-- ===== src/Schedule/Layout.antt =====
-- The memory layout that `into_plan` of src/schedule/scheduler/memory_aware.rs makes of the allocator.
pub mod Disjoint
pub mod Arenas
use my_nn_engine.Prelude.{ℕ, suc, ◌+◌, List, [], ◌∷◌, ◌++◌, Option, none, some, ◌>>=◌, get_elem?}
use my_nn_engine.Schedule.Ir.{ChunkId, ArenaId, ChunkInfo, ArenaInfo}
use my_nn_engine.Schedule.Alloc.{ChunkState, ArenaChunks, ChunkAllocator, align_up}

-- The inner loop over the chunks of an arena; `arena_size` is the space used so far.
unfoldable pub layout_chunks :
    ArenaId → List ChunkState → ℕ → List ChunkId → Option (List ChunkInfo × ℕ)
layout_chunks arena_id all_chunks arena_size [] = some ([], arena_size)
layout_chunks arena_id all_chunks arena_size (cid ∷ owned) = do
  state ← get_elem? all_chunks cid
  (chunks, end) ← layout_chunks arena_id all_chunks (arena_size + align_up state.size) owned
  some (record { id = cid; arena = arena_id; size = state.size; offset = arena_size } ∷ chunks, end)

-- The outer loop over the arenas, from the arena `arena_id` on.
unfoldable pub layout_arenas :
    List ChunkState → ArenaId → List ArenaChunks → Option (List ChunkInfo × List ArenaInfo)
layout_arenas all_chunks arena_id [] = some ([], [])
layout_arenas all_chunks arena_id (arena ∷ rest) = do
  (chunks, arena_size) ← layout_chunks arena_id all_chunks 0 arena.owned
  (more, arenas) ← layout_arenas all_chunks (suc arena_id) rest
  some (chunks ++ more, record { id = arena_id; tier = arena.tier; size = arena_size } ∷ arenas)

unfoldable pub layout : ChunkAllocator → Option (List ChunkInfo × List ArenaInfo)
layout a = layout_arenas a.all_chunks 0 a.arena2chunks
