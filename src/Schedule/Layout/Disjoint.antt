-- ===== src/Schedule/Layout/Disjoint.antt =====
-- The layout of one arena: where its chunks lie.
use my_nn_engine.Prelude.{
  ℕ, ◌+◌, ◌%◌, ◌≤◌, ◌<◌, ◌≡◌, ◌≢◌, refl, ◌⊎◌, inl, inr, List, [], ◌∷◌, some, get_elem?, arith, All,
  All-imp,
}
use my_nn_engine.Schedule.Ir.{ChunkId, ArenaId, ChunkInfo, ArenaInfo}
use my_nn_engine.Schedule.Alloc.{ChunkState, align_up}
use my_nn_engine.Schedule.Alloc.Counts.{count}
use my_nn_engine.Schedule.Layout.{layout_chunks}

-- Rounding up a size gives a multiple of 256 that is not below the size and less than 256 above
-- it.
pub align_up_lem :
    (size : ℕ) → (align_up size % 256 ≡ 0) × (size ≤ align_up size) × (align_up size < size + 256)
unfolding align_up
align_up_lem size = ground arith

-- Two chunks lie in different arenas, or one ends before the other begins.
abbrev pub Apart : ChunkInfo → ChunkInfo → Type 0
Apart x y = (x.arena ≢ y.arena) ⊎ (x.offset + x.size ≤ y.offset) ⊎ (y.offset + y.size ≤ x.offset)

abbrev pub AllApart : List ChunkInfo → Type 0
AllApart [] = Unit
AllApart (x ∷ xs) = All (Apart x) xs × AllApart xs

-- The chunks of one arena, one after the other between `low` and `high`, each aligned and as large
-- as its state says.
abbrev pub Laid : List ChunkState → ArenaId → ℕ → List ChunkId → List ChunkInfo → ℕ → Type 0
Laid states i low [] [] high = low ≡ high
Laid states i low [] (_ ∷ _) high = ⊥
Laid states i low (_ ∷ _) [] high = ⊥
Laid states i low (cid ∷ owned) (x ∷ xs) high =
    (x.id ≡ cid)
    × (x.arena ≡ i)
    × (x.offset ≡ low)
    × (low % 256 ≡ 0)
    × ((s : ChunkState) × (get_elem? states cid ≡ some s) × (x.size ≡ s.size))
    × Laid states i (low + align_up x.size) owned xs high

pub layout_chunks_runs :
    (i : ArenaId) (states : List ChunkState) (low : ℕ) (owned : List ChunkId)
    → low % 256 ≡ 0
    → ((c : ChunkId) → 0 < count c owned → (s : ChunkState) × (get_elem? states c ≡ some s))
    → (chunks : List ChunkInfo) × (high : ℕ) × (layout_chunks i states low owned
        ≡ some (chunks, high))
      × Laid states i low owned chunks high
unfolding layout_chunks
layout_chunks_runs i states low [] h known = ([], low, refl, refl)
layout_chunks_runs i states low (cid ∷ owned) h known =
    let (s, here) = known cid (ground arith) in
    let aligned = align_up_lem s.size in
    let (chunks, high, ran, laid) =
      layout_chunks_runs i states (low + align_up s.size) owned (omega (arith, aligned.0))
        (λ c k. known c (omega arith)) in
    (
      record { id = cid; arena = i; size = s.size; offset = low } ∷ chunks,
      high,
      rw (here, ran) refl,
      (refl, refl, refl, h, (s, here, refl), laid),
    )

-- A chunk lies in one of the arenas.
abbrev pub Inside : List ArenaInfo → ChunkInfo → Type 0
Inside [] x = ⊥
Inside (r ∷ rs) x = ((x.arena ≡ r.id) × (x.offset + x.size ≤ r.size)) ⊎ Inside rs x

-- A chunk starts at a multiple of 256 and is as large as its state says.
abbrev pub IsPlaced : List ChunkState → ChunkInfo → Type 0
IsPlaced states x =
    (x.offset % 256 ≡ 0) × ((s : ChunkState) × (get_elem? states x.id ≡ some s) × (x.size ≡ s.size))

abbrev pub ids : List ChunkInfo → List ChunkId
ids [] = []
ids (x ∷ xs) = x.id ∷ ids xs

-- A chunk of arena `i` lies between the bounds.
abbrev pub Between : ArenaId → ℕ → ℕ → ChunkInfo → Type 0
Between i low high x = (x.arena ≡ i) × (low ≤ x.offset) × (x.offset + x.size ≤ high)

module _ (states : List ChunkState) (i : ArenaId) where
  Laid-le :
      (low : ℕ) (owned : List ChunkId) (xs : List ChunkInfo) (high : ℕ)
      → Laid states i low owned xs high
      → low ≤ high
  Laid-le low [] [] high h = omega arith
  Laid-le low [] (x ∷ xs) high h = absurd h
  Laid-le low (c ∷ owned) [] high h = absurd h
  Laid-le low (c ∷ owned) (x ∷ xs) high h =
      omega (arith, Laid-le (low + align_up x.size) owned xs high h.5)

  -- Every chunk of the arena lies between the bounds.
  pub Laid-bounds :
      (low : ℕ) (owned : List ChunkId) (xs : List ChunkInfo) (high : ℕ)
      → Laid states i low owned xs high
      → All (Between i low high) xs
  Laid-bounds low [] [] high h = tt
  Laid-bounds low [] (x ∷ xs) high h = absurd h
  Laid-bounds low (c ∷ owned) [] high h = absurd h
  Laid-bounds low (c ∷ owned) (x ∷ xs) high h =
      let aligned = align_up_lem x.size in
      let next = low + align_up x.size in
      let after = Laid-le next owned xs high h.5 in
      (
        (h.1, omega (arith, h.2), omega (arith, h.2, aligned.1, after)),
        All-imp (Between i next high) (Between i low high) (λ y b. (b.0, omega (arith, b.1), b.2))
            xs (Laid-bounds next owned xs high h.5),
      )

  -- The chunks of the arena are placed and do not overlap, in the order they are owned.
  pub Laid-apart :
      (low : ℕ) (owned : List ChunkId) (xs : List ChunkInfo) (high : ℕ)
      → Laid states i low owned xs high
      → AllApart xs × All (IsPlaced states) xs × (ids xs ≡ owned)
  Laid-apart low [] [] high h = (tt, tt, refl)
  Laid-apart low [] (x ∷ xs) high h = absurd h
  Laid-apart low (c ∷ owned) [] high h = absurd h
  Laid-apart low (c ∷ owned) (x ∷ xs) high h =
      let next = low + align_up x.size in
      let aligned = align_up_lem x.size in
      let (apart, placed, same) = Laid-apart next owned xs high h.5 in
      let later =
        All-imp (Between i next high) (Apart x)
          (λ y b. inr (inl (omega (arith, h.2, aligned.1, b.1)))) xs
          (Laid-bounds next owned xs high h.5) in
      let (s, here, size) = h.4 in
      ((later, apart), ((omega (arith, h.2, h.3), (s, rw (h.0) here, size)), placed), cc)
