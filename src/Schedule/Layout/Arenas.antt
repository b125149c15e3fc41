-- ===== src/Schedule/Layout/Arenas.antt =====
-- The layout of all the arenas of a valid allocator.
use my_nn_engine.Prelude.{
  ℕ, suc, ◌+◌, ◌≤◌, ◌<◌, ◌≡◌, refl, ap, inl, inr, List, [], ◌∷◌, ◌++◌, some, get_elem?, ◌==◌,
  if◌then◌else◌, arith, All, All-imp, All-append, Bool-cases, length, ltb, leb, ◌&&◌,
}
use my_nn_engine.Schedule.Ir.{ChunkId, ArenaId, ChunkInfo, ArenaInfo}
use my_nn_engine.Schedule.Alloc.{ChunkState, ArenaChunks, ChunkAllocator}
use my_nn_engine.Schedule.Alloc.Counts.{
  IsValid, count, count-append, of_arena, get_elem?_total, get_elem?-ge,
}
use my_nn_engine.Schedule.Layout.{layout_chunks, layout_arenas, layout}
use my_nn_engine.Schedule.Layout.Disjoint.{
  Apart, AllApart, Laid, Inside, IsPlaced, Between, ids, layout_chunks_runs, Laid-bounds,
  Laid-apart,
}

-- How often the arenas own a chunk.
abbrev pub owned_total : ChunkId → List ArenaChunks → ℕ
owned_total c [] = 0
owned_total c (r ∷ rs) = count c r.owned + owned_total c rs

-- The chunks of the arenas from the one with id `i` on are placed.
pub record IsLaidOut (states : List ChunkState) (i : ArenaId) (rest : List ArenaChunks)
    (chunks : List ChunkInfo) (arenas : List ArenaInfo) : Type 0 where
  pub runs : layout_arenas states i rest ≡ some (chunks, arenas)
  pub apart : AllApart chunks
  pub placed : All (IsPlaced states) chunks
  pub inside : All (Inside arenas) chunks
  pub later : All (λ x. i ≤ x.arena) chunks
  pub owned : (c : ChunkId) → count c (ids chunks) ≡ owned_total c rest

AllApart-append :
    (xs ys : List ChunkInfo)
    → AllApart xs
    → AllApart ys
    → All (λ x. All (Apart x) ys) xs
    → AllApart (xs ++ ys)
AllApart-append [] ys h k l = k
AllApart-append (x ∷ xs) ys h k l =
    (All-append (Apart x) xs ys h.0 l.0, AllApart-append xs ys h.1 k l.1)

ids-append : (xs ys : List ChunkInfo) → ids (xs ++ ys) ≡ ids xs ++ ids ys
ids-append [] ys = refl
ids-append (x ∷ xs) ys = ap (x.id ∷◌) (ids-append xs ys)

module _ (states : List ChunkState) (i : ArenaId) where
  none_left : IsLaidOut states i [] [] []
  unfolding layout_arenas
  none_left = record {
    runs = refl;
    apart = tt;
    placed = tt;
    inside = tt;
    later = tt;
    owned = λ c. refl;
  }

  one_more :
      (r : ArenaChunks) (rest : List ArenaChunks) (chunks : List ChunkInfo) (high : ℕ)
      (more : List ChunkInfo) (arenas : List ArenaInfo)
      → layout_chunks i states 0 r.owned ≡ some (chunks, high)
      → Laid states i 0 r.owned chunks high
      → IsLaidOut states (suc i) rest more arenas
      → IsLaidOut states i
          (r ∷ rest)
          (chunks ++ more)
          (record { id = i; tier = r.tier; size = high } ∷ arenas)
  unfolding layout_arenas
  one_more r rest chunks high more arenas ran laid m =
      let all = record { id = i; tier = r.tier; size = high } ∷ arenas in
      let bounds = Laid-bounds states i 0 r.owned chunks high laid in
      let (apart, placed, same) = Laid-apart states i 0 r.owned chunks high laid in
      record {
        runs = rw (ran, m.runs) refl;
        apart = AllApart-append chunks more apart m.apart (
            All-imp (Between i 0 high) (λ x. All (Apart x) more)
              (λ x b.
                All-imp (λ y. suc i ≤ y.arena) (Apart x)
                  (λ y l. inl (λ e. omega (arith, b.0, e, l))) more m.later)
              chunks bounds);
        placed = All-append (IsPlaced states) chunks more placed m.placed;
        inside =
            All-append (Inside all) chunks more
              (All-imp (Between i 0 high) (Inside all) (λ x b. inl (b.0, b.2)) chunks bounds)
              (All-imp (Inside arenas) (Inside all) (λ x b. inr b) more m.inside);
        later =
            All-append (λ x. i ≤ x.arena) chunks more
              (All-imp (Between i 0 high) (λ x. i ≤ x.arena) (λ x b. omega (arith, b.0)) chunks
                bounds)
              (All-imp (λ x. suc i ≤ x.arena) (λ x. i ≤ x.arena) (λ x b. omega (arith, b)) more
                m.later);
        owned = λ c.
            rw (ids-append chunks more, same, count-append c r.owned (ids more), m.owned c) refl;
      }

layout_arenas-IsLaidOut :
    (states : List ChunkState) (i : ArenaId) (rest : List ArenaChunks)
    → ((c : ChunkId) → 0 < owned_total c rest → c < length states)
    → (chunks : List ChunkInfo) × (arenas : List ArenaInfo) × IsLaidOut states i rest chunks arenas
layout_arenas-IsLaidOut states i [] known = ([], [], none_left states i)
layout_arenas-IsLaidOut states i (r ∷ rest) known =
    let (chunks, high, ran, laid) =
      layout_chunks_runs i states 0 r.owned refl
        (λ c k. get_elem?_total states c (known c (omega arith))) in
    let (more, arenas, m) =
      layout_arenas-IsLaidOut states (suc i) rest (λ c k. known c (omega arith)) in
    (
      chunks ++ more,
      record { id = i; tier = r.tier; size = high } ∷ arenas,
      one_more states i r rest chunks high more arenas ran laid m,
    )

-- A chunk that only arena `t` owns, and that arena once.
owned_total-one :
    (c : ChunkId) (t : ArenaId) (i : ArenaId) (rest : List ArenaChunks)
    → ((j : ℕ) (r : ArenaChunks)
        → get_elem? rest j ≡ some r
        → count c r.owned ≡ (if t == i + j then 1 else 0))
    → owned_total c rest ≡ (if leb i t && ltb t (i + length rest) then 1 else 0)
owned_total-one c t i [] h = ground arith
owned_total-one c t i (r ∷ rest) h =
    let first = h 0 r refl in
    let rest_one = owned_total-one c t (suc i) rest (λ j s e. ground (arith, h (suc j) s e)) in
    ground arith

owned_total-none :
    (c : ChunkId) (rest : List ArenaChunks)
    → ((j : ℕ) (r : ArenaChunks) → get_elem? rest j ≡ some r → count c r.owned ≡ 0)
    → owned_total c rest ≡ 0
owned_total-none c [] h = refl
owned_total-none c (r ∷ rest) h =
    omega (arith, h 0 r refl, owned_total-none c rest (λ j s e. h (suc j) s e))

module _ (n : ℕ) (a : ChunkAllocator) (valid : IsValid n a) (c : ChunkId) where
  owned-in-state :
      (j : ℕ) (r : ArenaChunks)
      → get_elem? a.arena2chunks j ≡ some r
      → count c r.owned ≡ of_arena j (get_elem? a.all_chunks c)
  owned-in-state j r e = let once = valid.owned_once j c in ground (arith, once)

  owned-none : length a.all_chunks ≤ c → owned_total c a.arena2chunks ≡ 0
  owned-none h =
      owned_total-none c a.arena2chunks (λ j r e.
        let absent = get_elem?-ge a.all_chunks c h in ground (arith, owned-in-state j r e))

  owned-known : 0 < owned_total c a.arena2chunks → c < length a.all_chunks
  owned-known h = elim (Bool-cases (ltb c (length a.all_chunks))) [
    | inl e ↦ ground arith
    | inr e ↦ absurd (omega (arith, owned-none (ground arith)))
  ]

  owned-one : c < length a.all_chunks → owned_total c a.arena2chunks ≡ 1
  owned-one h =
      let (s, here) = get_elem?_total a.all_chunks c h in
      let inside = valid.placed c s here in
      let total =
        owned_total-one c s.arena_id 0 a.arena2chunks
          (λ j r e. ground (arith, owned-in-state j r e)) in
      ground arith

-- For every valid allocator the layout is computed without a panic: its chunks do not overlap,
-- each starts at a multiple of 256, has the size of its state and ends within an arena that is
-- listed under its id, and every chunk of the allocator is listed exactly once and no other.
pub layout-AllApart :
    (n : ℕ) (a : ChunkAllocator)
    → IsValid n a
    → (chunks : List ChunkInfo) × (arenas : List ArenaInfo) × (layout a ≡ some (chunks, arenas))
      × AllApart chunks
      × All (IsPlaced a.all_chunks) chunks
      × All (Inside arenas) chunks
      × ((c : ChunkId) → c < length a.all_chunks → count c (ids chunks) ≡ 1)
      × ((c : ChunkId) → length a.all_chunks ≤ c → count c (ids chunks) ≡ 0)
unfolding layout
layout-AllApart n a valid =
    let (chunks, arenas, m) =
      layout_arenas-IsLaidOut a.all_chunks 0 a.arena2chunks (λ c k. owned-known n a valid c k) in
    (
      chunks,
      arenas,
      m.runs,
      m.apart,
      m.placed,
      m.inside,
      λ c h. rw (m.owned c) (owned-one n a valid c h),
      λ c h. rw (m.owned c) (owned-none n a valid c h),
    )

_ _ _ _

ABOUT THIS EXERCISE
Report each line of the data in which "unfolding" occurs.

FINISHED TASK
unfolding align_up
unfolding layout_chunks
  unfolding layout_arenas
  unfolding layout_arenas
unfolding layout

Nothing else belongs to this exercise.